Give back all of the data exactly. Leave nothing out.

=== Begin Enclosure ===

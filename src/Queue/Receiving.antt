-- ===== src/Queue/Receiving.antt =====
-- queue_recv: the states it acts on and the ways it ends.
use ohmylib.Prelude.{ℕ, ◌<◌, ◌≡◌, ◌≢◌, ◌⊎◌, inl, inr, refl, arith, true, false}
use ohmylib.Prelude.{some, none, List, ◌∷◌, read_bytes}
use ohmylib.Prelude.{Bool-cases}
use ohmylib.Prelude.Int.{ℤ, pos}
use ohmylib.Queue.State.{Queue, Shared, returns, fails, eagain}
use ohmylib.Queue.State.{queue_is_empty_locked}
use ohmylib.Queue.Deadline.{Timespec}
use ohmylib.Queue.Transfer.{
  Wake, Waited, Outcome, queue_recv_wait, queue_recv, queue_take, recv_waited,
}
use ohmylib.Queue.Layout.{IsValid}
use ohmylib.Queue.Contents.{contents}
use ohmylib.Queue.Refine.{queue_take-IsValid, queue_take_lem}
use ohmylib.Queue.Waiting.{
  AllLeave, EndsWaiting, IsSeen, Receivable, wait_loop_keeps, wait_loop-IsSeen, wait_loop_finishes,
  IsSeen-first,
}

-- How a call of queue_recv ends, from the state `t` on which it acts.
abbrev pub RecvEnds : ℕ → Outcome → Shared → Type 0
RecvEnds p o t =
    (o.reply ≡ none)
    ⊎ ((o.reply ≡ some (fails eagain)) × (o.shared ≡ some t) × (t.queue.avail ≡ 0))
    ⊎ ((o.reply ≡ some (returns (pos 0)))
        × (o.shared ≡ some (queue_take p t))
        × IsValid (queue_take p t).queue
        × (contents t
            ≡ read_bytes (queue_take p t).memory p t.queue.size ∷ contents (queue_take p t)))

empty_avail : (q : Queue) → queue_is_empty_locked q ≡ true → q.avail ≡ 0
unfolding queue_is_empty_locked
empty_avail q e = ground arith

some_avail : (q : Queue) → queue_is_empty_locked q ≡ false → 0 < q.avail
unfolding queue_is_empty_locked
some_avail q e = ground arith

module _ (now : Timespec) (timeout : ℤ) (p : ℕ) where
  recv_ends :
      (t : Shared)
      → Receivable p t
      → queue_is_empty_locked t.queue ≡ false
      → IsValid (queue_take p t).queue
        × (contents t
            ≡ read_bytes (queue_take p t).memory p t.queue.size ∷ contents (queue_take p t))
  recv_ends t (v, d) e = (
    queue_take-IsValid t p v (some_avail t.queue e),
    queue_take_lem t p v (some_avail t.queue e) d,
  )

  recv_waited_ends : (w : Waited) → Receivable p w.shared → RecvEnds p (recv_waited p w) w.shared
  recv_waited_ends w v = elim (Bool-cases w.finished) [
    | inr e ↦ rw e (inl refl)
    | inl e ↦ elim (Bool-cases (queue_is_empty_locked w.shared.queue)) [
      | inl empty ↦ rw (e, empty) (inr (inl (refl, refl, empty_avail _ empty)))
      | inr more ↦
          rw (e, more)
            (inr (inr (refl, refl, (recv_ends w.shared v more).0, (recv_ends w.shared v more).1)))
    ]
  ]

  -- If the queue is valid, and the receiver's buffer lies outside the queue's, on entry and at
  -- each return of the wait, then queue_recv acts on one of the states it found: it has not
  -- returned, or it returns EAGAIN and leaves that state, which is empty, or it returns 0, the
  -- receiver's buffer has the oldest message, and the queue holds the others and is valid.
  pub queue_recv_lem :
      (ws : List Wake) (s : Shared)
      → AllLeave (Receivable p) ws
      → Receivable p s
      → (t : Shared) × IsSeen s ws t
        × Receivable p t
        × RecvEnds p (queue_recv now ws (some s) p timeout) t
  unfolding queue_recv queue_recv_wait
  queue_recv_lem ws s a v = elim (Bool-cases (queue_is_empty_locked s.queue)) [
    | inr more ↦ (
      s,
      IsSeen-first s ws,
      v,
      rw more (inr (inr (refl, refl, (recv_ends s v more).0, (recv_ends s v more).1))),
    )
    | inl empty ↦ (
      (queue_recv_wait now timeout ws s).shared,
      wait_loop-IsSeen _ _ _ ws s 0,
      wait_loop_keeps _ _ _ (Receivable p) ws s 0 a v,
      rw empty (recv_waited_ends _ (wait_loop_keeps _ _ _ (Receivable p) ws s 0 a v)),
    )
  ]

  recv_waited_replies : (w : Waited) → w.finished ≡ true → (recv_waited p w).reply ≢ none
  recv_waited_replies w e = elim (Bool-cases (queue_is_empty_locked w.shared.queue)) [
    | inl empty ↦ rw (e, empty) (cc)
    | inr more ↦ rw (e, more) (cc)
  ]

  pub queue_recv_returns :
      (ws : List Wake) (s : Shared)
      → EndsWaiting ws ⊎ (s.queue.avail ≢ 0)
      → (queue_recv now ws (some s) p timeout).reply ≢ none
  unfolding queue_recv queue_recv_wait
  queue_recv_returns ws s h = elim (Bool-cases (queue_is_empty_locked s.queue)) [
    | inr more ↦ rw more (cc)
    | inl empty ↦ rw empty (
        recv_waited_replies _
          (wait_loop_finishes _ _ _ ws s 0 (inr (ends h (empty_avail _ empty)))))
  ]
    where
      ends : EndsWaiting ws ⊎ (s.queue.avail ≢ 0) → s.queue.avail ≡ 0 → EndsWaiting ws
      ends (inl e) none_left = e
      ends (inr ne) none_left = absurd (ne none_left)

=== End Enclosure ===

● Reply:
filename src/Queue/Receiving.antt
-- ===== src/Queue/Receiving.antt =====
-- queue_recv: the states it acts on and the ways it ends.
use ohmylib.Prelude.{ℕ, ◌<◌, ◌≡◌, ◌≢◌, ◌⊎◌, inl, inr, refl, arith, true, false}
use ohmylib.Prelude.{some, none, List, ◌∷◌, read_bytes}
use ohmylib.Prelude.{Bool-cases}
use ohmylib.Prelude.Int.{ℤ, pos}
use ohmylib.Queue.State.{Queue, Shared, returns, fails, eagain}
use ohmylib.Queue.State.{queue_is_empty_locked}
use ohmylib.Queue.Deadline.{Timespec}
use ohmylib.Queue.Transfer.{
  Wake, Waited, Outcome, queue_recv_wait, queue_recv, queue_take, recv_waited,
}
use ohmylib.Queue.Layout.{IsValid}
use ohmylib.Queue.Contents.{contents}
use ohmylib.Queue.Refine.{queue_take-IsValid, queue_take_lem}
use ohmylib.Queue.Waiting.{
  AllLeave, EndsWaiting, IsSeen, Receivable, wait_loop_keeps, wait_loop-IsSeen, wait_loop_finishes,
  IsSeen-first,
}

-- How a call of queue_recv ends, from the state `t` on which it acts.
abbrev pub RecvEnds : ℕ → Outcome → Shared → Type 0
RecvEnds p o t =
    (o.reply ≡ none)
    ⊎ ((o.reply ≡ some (fails eagain)) × (o.shared ≡ some t) × (t.queue.avail ≡ 0))
    ⊎ ((o.reply ≡ some (returns (pos 0)))
        × (o.shared ≡ some (queue_take p t))
        × IsValid (queue_take p t).queue
        × (contents t
            ≡ read_bytes (queue_take p t).memory p t.queue.size ∷ contents (queue_take p t)))

empty_avail : (q : Queue) → queue_is_empty_locked q ≡ true → q.avail ≡ 0
unfolding queue_is_empty_locked
empty_avail q e = ground arith

some_avail : (q : Queue) → queue_is_empty_locked q ≡ false → 0 < q.avail
unfolding queue_is_empty_locked
some_avail q e = ground arith

module _ (now : Timespec) (timeout : ℤ) (p : ℕ) where
  recv_ends :
      (t : Shared)
      → Receivable p t
      → queue_is_empty_locked t.queue ≡ false
      → IsValid (queue_take p t).queue
        × (contents t
            ≡ read_bytes (queue_take p t).memory p t.queue.size ∷ contents (queue_take p t))
  recv_ends t (v, d) e = (
    queue_take-IsValid t p v (some_avail t.queue e),
    queue_take_lem t p v (some_avail t.queue e) d,
  )

  recv_waited_ends : (w : Waited) → Receivable p w.shared → RecvEnds p (recv_waited p w) w.shared
  recv_waited_ends w v = elim (Bool-cases w.finished) [
    | inr e ↦ rw e (inl refl)
    | inl e ↦ elim (Bool-cases (queue_is_empty_locked w.shared.queue)) [
      | inl empty ↦ rw (e, empty) (inr (inl (refl, refl, empty_avail _ empty)))
      | inr more ↦
          rw (e, more)
            (inr (inr (refl, refl, (recv_ends w.shared v more).0, (recv_ends w.shared v more).1)))
    ]
  ]

  -- If the queue is valid, and the receiver's buffer lies outside the queue's, on entry and at
  -- each return of the wait, then queue_recv acts on one of the states it found: it has not
  -- returned, or it returns EAGAIN and leaves that state, which is empty, or it returns 0, the
  -- receiver's buffer has the oldest message, and the queue holds the others and is valid.
  pub queue_recv_lem :
      (ws : List Wake) (s : Shared)
      → AllLeave (Receivable p) ws
      → Receivable p s
      → (t : Shared) × IsSeen s ws t
        × Receivable p t
        × RecvEnds p (queue_recv now ws (some s) p timeout) t
  unfolding queue_recv queue_recv_wait
  queue_recv_lem ws s a v = elim (Bool-cases (queue_is_empty_locked s.queue)) [
    | inr more ↦ (
      s,
      IsSeen-first s ws,
      v,
      rw more (inr (inr (refl, refl, (recv_ends s v more).0, (recv_ends s v more).1))),
    )
    | inl empty ↦ (
      (queue_recv_wait now timeout ws s).shared,
      wait_loop-IsSeen _ _ _ ws s 0,
      wait_loop_keeps _ _ _ (Receivable p) ws s 0 a v,
      rw empty (recv_waited_ends _ (wait_loop_keeps _ _ _ (Receivable p) ws s 0 a v)),
    )
  ]

  recv_waited_replies : (w : Waited) → w.finished ≡ true → (recv_waited p w).reply ≢ none
  recv_waited_replies w e = elim (Bool-cases (queue_is_empty_locked w.shared.queue)) [
    | inl empty ↦ rw (e, empty) (cc)
    | inr more ↦ rw (e, more) (cc)
  ]

  pub queue_recv_returns :
      (ws : List Wake) (s : Shared)
      → EndsWaiting ws ⊎ (s.queue.avail ≢ 0)
      → (queue_recv now ws (some s) p timeout).reply ≢ none
  unfolding queue_recv queue_recv_wait
  queue_recv_returns ws s h = elim (Bool-cases (queue_is_empty_locked s.queue)) [
    | inr more ↦ rw more (cc)
    | inl empty ↦ rw empty (
        recv_waited_replies _
          (wait_loop_finishes _ _ _ ws s 0 (inr (ends h (empty_avail _ empty)))))
  ]
    where
      ends : EndsWaiting ws ⊎ (s.queue.avail ≢ 0) → s.queue.avail ≡ 0 → EndsWaiting ws
      ends (inl e) none_left = e
      ends (inr ne) none_left = absurd (ne none_left)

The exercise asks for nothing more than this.